• Saved data entries:
========================
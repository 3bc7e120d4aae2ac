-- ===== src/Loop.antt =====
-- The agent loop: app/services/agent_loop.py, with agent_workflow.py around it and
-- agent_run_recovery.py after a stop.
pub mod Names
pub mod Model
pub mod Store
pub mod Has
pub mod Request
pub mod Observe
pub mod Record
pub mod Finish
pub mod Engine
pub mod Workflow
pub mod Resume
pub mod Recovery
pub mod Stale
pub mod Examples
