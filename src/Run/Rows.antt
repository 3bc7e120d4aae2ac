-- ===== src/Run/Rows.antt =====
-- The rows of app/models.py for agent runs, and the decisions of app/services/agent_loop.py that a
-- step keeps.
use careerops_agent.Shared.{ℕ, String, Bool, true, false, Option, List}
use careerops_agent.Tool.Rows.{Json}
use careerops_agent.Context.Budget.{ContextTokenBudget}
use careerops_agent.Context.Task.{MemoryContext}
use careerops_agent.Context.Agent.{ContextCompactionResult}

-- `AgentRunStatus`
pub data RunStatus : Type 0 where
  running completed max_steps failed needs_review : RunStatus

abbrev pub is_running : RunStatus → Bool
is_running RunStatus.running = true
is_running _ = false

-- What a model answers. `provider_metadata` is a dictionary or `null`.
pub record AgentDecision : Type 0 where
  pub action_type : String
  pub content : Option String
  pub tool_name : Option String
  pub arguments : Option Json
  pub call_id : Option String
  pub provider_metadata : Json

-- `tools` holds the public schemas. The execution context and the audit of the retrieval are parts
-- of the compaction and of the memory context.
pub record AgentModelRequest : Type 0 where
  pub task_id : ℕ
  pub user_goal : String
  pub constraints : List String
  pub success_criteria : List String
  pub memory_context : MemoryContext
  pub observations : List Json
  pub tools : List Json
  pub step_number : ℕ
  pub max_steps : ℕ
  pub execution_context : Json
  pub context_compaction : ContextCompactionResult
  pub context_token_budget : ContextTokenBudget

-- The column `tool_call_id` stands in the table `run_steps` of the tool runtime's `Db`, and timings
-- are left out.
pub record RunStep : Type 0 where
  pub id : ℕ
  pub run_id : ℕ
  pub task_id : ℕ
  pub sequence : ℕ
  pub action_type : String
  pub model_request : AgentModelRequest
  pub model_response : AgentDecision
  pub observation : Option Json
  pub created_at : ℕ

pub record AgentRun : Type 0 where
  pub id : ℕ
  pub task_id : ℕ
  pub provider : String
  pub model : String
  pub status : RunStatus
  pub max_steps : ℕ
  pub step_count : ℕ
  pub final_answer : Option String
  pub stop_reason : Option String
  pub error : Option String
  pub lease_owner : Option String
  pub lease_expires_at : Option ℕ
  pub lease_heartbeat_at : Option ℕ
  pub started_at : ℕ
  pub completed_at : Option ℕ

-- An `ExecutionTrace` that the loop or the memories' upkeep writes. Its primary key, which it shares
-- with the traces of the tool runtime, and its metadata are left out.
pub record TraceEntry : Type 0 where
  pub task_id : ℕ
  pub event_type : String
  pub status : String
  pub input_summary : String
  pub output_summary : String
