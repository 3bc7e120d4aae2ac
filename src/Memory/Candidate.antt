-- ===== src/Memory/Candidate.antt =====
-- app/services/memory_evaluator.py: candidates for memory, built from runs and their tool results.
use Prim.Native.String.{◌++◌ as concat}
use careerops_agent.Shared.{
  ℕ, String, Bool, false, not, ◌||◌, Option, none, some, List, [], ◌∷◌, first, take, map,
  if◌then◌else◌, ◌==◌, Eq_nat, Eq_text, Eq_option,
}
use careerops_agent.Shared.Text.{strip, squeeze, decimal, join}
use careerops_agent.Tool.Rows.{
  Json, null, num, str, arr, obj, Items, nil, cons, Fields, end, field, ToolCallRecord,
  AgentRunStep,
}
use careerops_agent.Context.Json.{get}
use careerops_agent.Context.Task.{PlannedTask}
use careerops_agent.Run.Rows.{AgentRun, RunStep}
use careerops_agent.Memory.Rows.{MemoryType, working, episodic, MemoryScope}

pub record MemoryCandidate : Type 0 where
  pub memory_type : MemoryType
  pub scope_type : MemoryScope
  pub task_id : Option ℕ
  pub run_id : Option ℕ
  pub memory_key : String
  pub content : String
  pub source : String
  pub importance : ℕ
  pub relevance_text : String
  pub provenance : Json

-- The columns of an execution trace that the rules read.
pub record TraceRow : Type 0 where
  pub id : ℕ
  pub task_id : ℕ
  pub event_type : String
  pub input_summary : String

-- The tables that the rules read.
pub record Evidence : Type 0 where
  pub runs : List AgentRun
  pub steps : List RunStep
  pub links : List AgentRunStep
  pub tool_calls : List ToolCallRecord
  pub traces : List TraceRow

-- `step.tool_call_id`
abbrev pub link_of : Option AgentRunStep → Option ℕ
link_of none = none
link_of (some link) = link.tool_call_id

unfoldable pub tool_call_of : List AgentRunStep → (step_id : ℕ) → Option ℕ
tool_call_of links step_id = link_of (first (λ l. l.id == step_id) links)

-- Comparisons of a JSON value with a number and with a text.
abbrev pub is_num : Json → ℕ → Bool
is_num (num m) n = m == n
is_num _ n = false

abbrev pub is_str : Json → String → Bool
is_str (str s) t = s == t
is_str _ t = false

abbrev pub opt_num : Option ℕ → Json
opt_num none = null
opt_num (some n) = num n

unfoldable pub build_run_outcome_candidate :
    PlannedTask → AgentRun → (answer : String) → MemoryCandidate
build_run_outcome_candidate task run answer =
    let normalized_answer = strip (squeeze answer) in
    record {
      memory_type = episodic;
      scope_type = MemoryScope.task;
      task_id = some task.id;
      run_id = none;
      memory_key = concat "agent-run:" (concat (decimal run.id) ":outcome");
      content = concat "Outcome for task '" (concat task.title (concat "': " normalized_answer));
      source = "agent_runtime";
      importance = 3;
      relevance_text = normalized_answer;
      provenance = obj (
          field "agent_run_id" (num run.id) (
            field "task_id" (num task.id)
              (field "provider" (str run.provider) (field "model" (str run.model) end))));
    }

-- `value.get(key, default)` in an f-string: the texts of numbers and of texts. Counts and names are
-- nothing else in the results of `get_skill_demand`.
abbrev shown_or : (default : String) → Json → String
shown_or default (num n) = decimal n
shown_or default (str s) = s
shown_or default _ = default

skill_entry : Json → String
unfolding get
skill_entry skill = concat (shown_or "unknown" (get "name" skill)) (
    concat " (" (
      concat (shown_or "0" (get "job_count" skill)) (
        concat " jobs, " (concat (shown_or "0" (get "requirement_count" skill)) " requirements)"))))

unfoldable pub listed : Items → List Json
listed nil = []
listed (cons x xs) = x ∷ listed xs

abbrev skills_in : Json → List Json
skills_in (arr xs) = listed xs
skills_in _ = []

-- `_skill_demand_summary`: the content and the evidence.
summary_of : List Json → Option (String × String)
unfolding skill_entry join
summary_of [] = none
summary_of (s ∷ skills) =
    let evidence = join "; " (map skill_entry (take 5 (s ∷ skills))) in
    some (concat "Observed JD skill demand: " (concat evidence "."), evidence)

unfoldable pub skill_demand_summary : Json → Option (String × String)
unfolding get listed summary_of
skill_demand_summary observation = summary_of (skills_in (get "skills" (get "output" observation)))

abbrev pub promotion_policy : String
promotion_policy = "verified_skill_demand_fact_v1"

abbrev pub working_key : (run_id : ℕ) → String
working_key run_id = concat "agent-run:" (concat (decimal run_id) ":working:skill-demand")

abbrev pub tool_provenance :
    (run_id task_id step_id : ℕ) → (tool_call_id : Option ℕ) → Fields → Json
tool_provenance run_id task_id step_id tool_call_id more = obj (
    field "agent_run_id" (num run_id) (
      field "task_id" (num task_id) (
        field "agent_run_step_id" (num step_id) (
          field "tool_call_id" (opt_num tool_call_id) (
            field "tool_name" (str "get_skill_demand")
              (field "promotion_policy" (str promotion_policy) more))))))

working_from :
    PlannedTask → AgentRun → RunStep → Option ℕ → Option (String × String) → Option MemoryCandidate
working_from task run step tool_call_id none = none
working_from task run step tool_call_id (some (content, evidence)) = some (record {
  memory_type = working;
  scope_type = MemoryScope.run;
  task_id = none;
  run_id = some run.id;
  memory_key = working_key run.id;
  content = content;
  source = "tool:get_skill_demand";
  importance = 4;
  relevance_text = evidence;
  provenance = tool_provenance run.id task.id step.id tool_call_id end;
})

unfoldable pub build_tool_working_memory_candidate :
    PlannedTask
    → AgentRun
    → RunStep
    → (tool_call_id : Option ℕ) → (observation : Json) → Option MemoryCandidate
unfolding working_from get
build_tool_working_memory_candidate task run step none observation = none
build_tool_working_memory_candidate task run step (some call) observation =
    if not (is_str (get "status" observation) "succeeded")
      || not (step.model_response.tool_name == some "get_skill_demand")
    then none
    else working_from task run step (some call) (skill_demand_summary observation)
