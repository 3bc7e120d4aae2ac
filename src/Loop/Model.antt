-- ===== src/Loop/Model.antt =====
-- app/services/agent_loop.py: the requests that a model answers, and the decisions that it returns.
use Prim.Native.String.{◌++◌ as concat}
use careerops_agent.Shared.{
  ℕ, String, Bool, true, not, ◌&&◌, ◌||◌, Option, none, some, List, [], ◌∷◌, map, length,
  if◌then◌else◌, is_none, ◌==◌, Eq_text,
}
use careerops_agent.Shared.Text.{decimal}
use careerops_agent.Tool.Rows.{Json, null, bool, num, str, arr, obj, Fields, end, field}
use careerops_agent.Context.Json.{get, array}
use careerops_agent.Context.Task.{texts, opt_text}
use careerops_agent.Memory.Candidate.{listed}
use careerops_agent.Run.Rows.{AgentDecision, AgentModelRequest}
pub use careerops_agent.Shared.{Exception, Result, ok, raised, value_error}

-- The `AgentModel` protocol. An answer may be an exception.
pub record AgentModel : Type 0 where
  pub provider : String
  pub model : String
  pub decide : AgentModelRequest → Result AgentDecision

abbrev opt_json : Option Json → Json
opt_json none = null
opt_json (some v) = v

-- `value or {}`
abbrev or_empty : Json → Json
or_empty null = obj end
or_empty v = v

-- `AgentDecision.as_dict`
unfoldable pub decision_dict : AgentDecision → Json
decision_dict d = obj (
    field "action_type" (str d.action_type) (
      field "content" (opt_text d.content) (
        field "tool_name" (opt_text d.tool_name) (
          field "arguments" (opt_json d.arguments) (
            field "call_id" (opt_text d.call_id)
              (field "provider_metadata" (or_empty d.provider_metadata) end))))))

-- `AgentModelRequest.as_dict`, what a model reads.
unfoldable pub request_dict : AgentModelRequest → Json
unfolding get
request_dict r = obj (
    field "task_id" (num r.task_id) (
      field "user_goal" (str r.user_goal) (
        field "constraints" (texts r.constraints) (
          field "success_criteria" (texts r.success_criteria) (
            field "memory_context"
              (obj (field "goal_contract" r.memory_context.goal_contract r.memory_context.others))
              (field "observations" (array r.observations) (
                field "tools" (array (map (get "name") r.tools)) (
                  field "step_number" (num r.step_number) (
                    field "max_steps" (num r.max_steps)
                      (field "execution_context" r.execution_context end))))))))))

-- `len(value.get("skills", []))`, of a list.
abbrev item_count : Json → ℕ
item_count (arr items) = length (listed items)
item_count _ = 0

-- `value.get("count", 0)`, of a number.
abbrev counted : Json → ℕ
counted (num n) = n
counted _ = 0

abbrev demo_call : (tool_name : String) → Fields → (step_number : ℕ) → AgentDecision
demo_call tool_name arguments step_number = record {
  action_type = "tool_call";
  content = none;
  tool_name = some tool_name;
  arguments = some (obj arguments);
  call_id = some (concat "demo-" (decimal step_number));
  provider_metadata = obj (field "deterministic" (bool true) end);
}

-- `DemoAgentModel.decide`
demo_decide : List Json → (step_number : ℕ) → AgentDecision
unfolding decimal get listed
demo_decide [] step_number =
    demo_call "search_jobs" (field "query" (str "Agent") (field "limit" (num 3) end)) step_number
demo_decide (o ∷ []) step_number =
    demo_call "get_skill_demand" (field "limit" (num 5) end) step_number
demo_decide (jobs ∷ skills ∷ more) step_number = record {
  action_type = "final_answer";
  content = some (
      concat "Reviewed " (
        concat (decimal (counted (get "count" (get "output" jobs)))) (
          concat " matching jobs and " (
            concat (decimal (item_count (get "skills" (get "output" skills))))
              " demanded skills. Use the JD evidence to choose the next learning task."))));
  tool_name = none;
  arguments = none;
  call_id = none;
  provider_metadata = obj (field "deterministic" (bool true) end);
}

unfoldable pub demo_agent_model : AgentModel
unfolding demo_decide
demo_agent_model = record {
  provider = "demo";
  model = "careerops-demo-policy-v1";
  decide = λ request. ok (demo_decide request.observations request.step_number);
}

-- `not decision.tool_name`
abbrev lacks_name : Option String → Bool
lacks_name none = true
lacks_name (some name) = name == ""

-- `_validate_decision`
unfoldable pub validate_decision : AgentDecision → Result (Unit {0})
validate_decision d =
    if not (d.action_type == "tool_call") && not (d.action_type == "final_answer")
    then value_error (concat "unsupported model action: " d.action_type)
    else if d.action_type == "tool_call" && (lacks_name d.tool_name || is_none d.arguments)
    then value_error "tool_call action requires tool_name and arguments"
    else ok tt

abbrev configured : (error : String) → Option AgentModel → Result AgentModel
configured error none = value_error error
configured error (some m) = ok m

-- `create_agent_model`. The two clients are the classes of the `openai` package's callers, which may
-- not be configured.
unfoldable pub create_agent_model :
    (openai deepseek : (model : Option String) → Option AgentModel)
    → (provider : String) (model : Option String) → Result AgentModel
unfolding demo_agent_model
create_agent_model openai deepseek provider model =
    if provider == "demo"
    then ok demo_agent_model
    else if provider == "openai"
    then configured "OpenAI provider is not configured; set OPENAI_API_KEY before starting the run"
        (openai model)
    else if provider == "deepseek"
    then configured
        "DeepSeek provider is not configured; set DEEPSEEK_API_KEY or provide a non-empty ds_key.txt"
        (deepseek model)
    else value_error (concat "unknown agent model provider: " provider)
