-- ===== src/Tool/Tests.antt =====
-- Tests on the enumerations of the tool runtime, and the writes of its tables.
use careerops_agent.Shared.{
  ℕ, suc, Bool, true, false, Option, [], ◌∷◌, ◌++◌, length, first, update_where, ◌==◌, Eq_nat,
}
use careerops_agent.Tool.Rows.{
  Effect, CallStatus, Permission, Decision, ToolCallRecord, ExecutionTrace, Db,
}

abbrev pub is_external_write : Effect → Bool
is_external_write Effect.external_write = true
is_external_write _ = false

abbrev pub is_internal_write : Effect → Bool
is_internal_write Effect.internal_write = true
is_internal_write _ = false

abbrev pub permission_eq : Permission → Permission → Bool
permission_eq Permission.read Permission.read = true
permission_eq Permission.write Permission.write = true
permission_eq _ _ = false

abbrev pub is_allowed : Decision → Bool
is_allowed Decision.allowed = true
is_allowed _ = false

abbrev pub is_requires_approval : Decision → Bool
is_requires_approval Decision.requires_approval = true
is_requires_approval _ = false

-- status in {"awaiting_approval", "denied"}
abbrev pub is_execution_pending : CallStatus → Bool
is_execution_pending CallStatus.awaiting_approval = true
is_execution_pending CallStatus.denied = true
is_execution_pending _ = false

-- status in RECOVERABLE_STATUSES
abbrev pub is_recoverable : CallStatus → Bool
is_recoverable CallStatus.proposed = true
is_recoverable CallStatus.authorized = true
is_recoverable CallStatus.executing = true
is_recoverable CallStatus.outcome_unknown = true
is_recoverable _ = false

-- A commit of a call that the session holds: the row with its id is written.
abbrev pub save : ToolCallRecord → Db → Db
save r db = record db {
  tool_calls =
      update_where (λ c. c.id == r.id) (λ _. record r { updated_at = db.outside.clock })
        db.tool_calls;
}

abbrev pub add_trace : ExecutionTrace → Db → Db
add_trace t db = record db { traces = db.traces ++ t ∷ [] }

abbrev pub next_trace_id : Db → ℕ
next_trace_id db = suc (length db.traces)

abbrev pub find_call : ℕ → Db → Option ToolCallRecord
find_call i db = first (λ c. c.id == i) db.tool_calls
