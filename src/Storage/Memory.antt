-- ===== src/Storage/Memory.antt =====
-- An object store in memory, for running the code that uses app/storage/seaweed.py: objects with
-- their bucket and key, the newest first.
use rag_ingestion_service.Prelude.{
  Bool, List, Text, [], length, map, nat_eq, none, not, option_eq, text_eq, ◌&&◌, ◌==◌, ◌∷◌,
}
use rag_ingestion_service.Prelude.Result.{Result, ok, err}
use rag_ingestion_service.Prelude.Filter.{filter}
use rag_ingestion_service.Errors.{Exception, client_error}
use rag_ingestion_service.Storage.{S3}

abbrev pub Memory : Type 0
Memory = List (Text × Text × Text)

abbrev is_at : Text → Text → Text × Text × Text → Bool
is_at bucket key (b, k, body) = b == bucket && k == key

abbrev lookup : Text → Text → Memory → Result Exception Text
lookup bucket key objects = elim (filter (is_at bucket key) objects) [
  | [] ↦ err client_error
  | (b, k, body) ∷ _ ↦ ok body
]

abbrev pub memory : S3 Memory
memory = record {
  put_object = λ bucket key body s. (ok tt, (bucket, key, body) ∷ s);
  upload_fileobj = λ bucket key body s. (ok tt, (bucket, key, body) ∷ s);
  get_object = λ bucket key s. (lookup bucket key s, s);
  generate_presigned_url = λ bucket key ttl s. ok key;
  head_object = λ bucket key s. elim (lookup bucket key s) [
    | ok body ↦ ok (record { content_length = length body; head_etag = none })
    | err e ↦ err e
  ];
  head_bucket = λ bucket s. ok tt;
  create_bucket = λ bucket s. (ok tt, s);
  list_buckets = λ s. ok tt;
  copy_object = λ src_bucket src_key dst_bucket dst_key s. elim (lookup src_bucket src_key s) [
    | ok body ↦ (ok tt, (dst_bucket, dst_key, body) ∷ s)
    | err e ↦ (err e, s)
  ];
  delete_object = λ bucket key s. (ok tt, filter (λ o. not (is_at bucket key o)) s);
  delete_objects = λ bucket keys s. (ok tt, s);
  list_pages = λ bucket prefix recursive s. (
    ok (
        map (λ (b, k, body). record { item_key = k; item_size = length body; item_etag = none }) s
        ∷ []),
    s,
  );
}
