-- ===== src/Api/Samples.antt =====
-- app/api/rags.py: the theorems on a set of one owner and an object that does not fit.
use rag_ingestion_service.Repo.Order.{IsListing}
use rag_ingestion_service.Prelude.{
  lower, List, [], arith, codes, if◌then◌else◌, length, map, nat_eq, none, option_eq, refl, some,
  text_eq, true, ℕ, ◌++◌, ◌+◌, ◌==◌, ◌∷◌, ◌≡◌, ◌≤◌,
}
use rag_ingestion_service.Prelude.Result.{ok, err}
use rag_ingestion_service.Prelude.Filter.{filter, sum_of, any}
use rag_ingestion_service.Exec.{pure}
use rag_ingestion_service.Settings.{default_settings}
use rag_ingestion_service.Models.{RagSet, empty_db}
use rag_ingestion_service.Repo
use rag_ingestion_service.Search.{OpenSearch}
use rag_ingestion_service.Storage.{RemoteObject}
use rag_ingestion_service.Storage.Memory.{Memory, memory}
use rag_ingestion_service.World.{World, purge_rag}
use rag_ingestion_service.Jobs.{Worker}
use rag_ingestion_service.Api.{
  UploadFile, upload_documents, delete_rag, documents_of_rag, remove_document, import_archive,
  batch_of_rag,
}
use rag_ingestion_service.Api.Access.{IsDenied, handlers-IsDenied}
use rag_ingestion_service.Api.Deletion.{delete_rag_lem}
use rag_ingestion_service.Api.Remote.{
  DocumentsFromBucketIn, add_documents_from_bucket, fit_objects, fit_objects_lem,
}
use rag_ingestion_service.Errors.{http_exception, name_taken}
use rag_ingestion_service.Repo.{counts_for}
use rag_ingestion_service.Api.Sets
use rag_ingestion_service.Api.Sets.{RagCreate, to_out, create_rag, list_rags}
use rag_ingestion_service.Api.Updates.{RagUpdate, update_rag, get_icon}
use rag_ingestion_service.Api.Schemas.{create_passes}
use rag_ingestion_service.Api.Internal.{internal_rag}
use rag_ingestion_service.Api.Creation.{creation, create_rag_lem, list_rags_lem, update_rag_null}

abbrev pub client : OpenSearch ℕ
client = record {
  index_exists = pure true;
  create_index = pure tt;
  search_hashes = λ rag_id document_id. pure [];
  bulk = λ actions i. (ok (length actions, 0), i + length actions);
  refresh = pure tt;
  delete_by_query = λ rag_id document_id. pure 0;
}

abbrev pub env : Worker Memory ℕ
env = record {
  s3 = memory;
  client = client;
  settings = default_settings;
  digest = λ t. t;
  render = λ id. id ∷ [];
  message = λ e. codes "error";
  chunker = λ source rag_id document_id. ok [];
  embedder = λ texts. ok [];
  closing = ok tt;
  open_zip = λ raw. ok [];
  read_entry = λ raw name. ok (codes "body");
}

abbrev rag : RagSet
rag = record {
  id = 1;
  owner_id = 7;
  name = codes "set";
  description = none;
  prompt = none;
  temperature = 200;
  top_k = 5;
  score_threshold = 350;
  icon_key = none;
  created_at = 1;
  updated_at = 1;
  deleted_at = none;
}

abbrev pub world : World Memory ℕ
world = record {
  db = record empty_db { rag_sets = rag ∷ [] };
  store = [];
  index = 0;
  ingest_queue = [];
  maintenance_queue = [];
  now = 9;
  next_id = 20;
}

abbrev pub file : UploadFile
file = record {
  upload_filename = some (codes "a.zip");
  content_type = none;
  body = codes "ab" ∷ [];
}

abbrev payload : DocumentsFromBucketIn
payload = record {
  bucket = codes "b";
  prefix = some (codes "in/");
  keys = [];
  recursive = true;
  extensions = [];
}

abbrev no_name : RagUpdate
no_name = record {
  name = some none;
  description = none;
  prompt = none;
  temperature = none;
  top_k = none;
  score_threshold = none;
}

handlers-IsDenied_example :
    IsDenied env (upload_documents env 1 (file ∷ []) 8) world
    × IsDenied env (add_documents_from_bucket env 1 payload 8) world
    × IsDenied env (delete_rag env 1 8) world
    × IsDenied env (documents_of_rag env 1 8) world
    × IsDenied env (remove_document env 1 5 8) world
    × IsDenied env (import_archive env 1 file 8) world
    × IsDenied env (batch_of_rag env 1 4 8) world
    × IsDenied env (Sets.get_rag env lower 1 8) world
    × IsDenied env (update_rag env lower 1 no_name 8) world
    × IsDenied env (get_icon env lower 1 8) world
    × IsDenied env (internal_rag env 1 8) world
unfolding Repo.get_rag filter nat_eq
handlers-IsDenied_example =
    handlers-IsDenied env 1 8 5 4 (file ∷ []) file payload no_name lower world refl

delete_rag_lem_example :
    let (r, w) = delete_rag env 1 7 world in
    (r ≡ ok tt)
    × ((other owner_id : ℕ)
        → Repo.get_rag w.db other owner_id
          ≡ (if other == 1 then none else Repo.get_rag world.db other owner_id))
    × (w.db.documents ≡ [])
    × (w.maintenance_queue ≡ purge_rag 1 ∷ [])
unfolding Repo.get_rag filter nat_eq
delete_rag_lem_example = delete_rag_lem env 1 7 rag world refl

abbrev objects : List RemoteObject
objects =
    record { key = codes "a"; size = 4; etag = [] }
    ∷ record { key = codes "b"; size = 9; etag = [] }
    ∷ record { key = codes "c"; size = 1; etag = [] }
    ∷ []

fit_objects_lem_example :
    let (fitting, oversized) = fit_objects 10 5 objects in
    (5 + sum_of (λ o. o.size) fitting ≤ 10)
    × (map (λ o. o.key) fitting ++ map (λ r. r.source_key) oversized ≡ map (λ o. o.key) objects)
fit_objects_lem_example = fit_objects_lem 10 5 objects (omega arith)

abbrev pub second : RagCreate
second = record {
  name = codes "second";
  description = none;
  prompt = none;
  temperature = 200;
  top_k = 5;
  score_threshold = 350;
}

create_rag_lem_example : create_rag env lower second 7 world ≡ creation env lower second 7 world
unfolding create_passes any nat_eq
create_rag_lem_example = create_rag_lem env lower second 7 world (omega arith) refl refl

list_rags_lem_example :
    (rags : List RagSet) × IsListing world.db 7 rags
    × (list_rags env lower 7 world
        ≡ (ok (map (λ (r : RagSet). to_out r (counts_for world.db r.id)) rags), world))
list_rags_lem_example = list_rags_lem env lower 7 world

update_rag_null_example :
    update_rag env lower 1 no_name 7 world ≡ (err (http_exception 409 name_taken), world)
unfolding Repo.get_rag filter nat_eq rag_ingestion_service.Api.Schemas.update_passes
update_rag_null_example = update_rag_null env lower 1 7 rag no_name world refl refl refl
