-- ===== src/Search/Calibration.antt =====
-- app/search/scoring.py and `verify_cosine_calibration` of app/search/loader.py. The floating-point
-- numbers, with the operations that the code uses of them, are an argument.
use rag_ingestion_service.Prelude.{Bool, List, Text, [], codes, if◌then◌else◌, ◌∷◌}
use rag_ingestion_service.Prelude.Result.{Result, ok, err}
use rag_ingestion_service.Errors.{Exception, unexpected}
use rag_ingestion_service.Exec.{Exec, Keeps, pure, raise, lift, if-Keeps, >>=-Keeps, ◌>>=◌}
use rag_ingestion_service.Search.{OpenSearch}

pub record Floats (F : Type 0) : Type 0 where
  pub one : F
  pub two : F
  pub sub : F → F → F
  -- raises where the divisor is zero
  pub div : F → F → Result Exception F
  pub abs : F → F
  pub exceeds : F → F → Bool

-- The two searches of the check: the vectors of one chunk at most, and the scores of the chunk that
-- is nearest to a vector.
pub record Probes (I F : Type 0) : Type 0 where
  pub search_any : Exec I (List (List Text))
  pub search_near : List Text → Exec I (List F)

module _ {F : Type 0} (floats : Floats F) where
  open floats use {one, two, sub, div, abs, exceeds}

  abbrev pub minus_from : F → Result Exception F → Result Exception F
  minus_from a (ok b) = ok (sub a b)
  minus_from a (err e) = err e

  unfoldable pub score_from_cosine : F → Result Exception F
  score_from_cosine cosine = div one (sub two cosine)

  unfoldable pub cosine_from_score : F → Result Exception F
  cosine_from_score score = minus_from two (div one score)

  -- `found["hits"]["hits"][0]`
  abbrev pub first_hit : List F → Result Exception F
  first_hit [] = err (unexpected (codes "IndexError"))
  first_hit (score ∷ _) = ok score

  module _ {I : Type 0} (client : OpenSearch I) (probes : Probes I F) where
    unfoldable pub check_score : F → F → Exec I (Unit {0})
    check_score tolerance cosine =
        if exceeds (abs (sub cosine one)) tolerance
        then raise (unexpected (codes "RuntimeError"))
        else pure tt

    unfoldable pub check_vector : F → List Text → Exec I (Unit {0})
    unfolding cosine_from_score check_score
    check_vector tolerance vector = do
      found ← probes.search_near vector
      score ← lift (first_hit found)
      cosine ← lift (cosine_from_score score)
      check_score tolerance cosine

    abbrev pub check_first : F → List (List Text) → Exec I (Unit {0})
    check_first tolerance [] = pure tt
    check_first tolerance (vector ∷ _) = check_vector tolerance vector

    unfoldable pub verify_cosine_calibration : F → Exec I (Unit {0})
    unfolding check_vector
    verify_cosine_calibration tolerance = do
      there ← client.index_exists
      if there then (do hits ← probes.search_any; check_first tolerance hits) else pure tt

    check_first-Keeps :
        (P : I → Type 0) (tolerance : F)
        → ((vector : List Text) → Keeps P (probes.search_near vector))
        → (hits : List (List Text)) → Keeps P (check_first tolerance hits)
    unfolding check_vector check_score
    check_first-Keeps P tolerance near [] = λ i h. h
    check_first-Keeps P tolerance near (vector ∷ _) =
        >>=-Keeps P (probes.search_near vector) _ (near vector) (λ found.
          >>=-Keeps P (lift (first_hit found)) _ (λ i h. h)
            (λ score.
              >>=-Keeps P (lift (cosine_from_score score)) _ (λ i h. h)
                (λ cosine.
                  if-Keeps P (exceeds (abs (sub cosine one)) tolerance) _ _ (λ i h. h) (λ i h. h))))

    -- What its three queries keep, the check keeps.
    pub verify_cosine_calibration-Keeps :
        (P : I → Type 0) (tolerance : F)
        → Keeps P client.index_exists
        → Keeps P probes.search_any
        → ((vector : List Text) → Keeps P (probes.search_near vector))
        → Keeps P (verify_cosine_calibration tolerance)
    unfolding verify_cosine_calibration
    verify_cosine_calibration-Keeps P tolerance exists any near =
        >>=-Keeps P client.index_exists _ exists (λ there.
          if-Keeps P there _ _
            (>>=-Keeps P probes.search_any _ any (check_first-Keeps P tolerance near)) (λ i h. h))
========================
• Action item: Look back at the data above. Transcribe exactly the lines starting at the line that contains "unfolding decimal get listed" and ending at the line that contains "5) end) step_number".

• Solved exercise:
unfolding decimal get listed
demo_decide [] step_number =
    demo_call "search_jobs" (field "query" (str "Agent") (field "limit" (num 3) end)) step_number
demo_decide (o ∷ []) step_number =
    demo_call "get_skill_demand" (field "limit" (num 5) end) step_number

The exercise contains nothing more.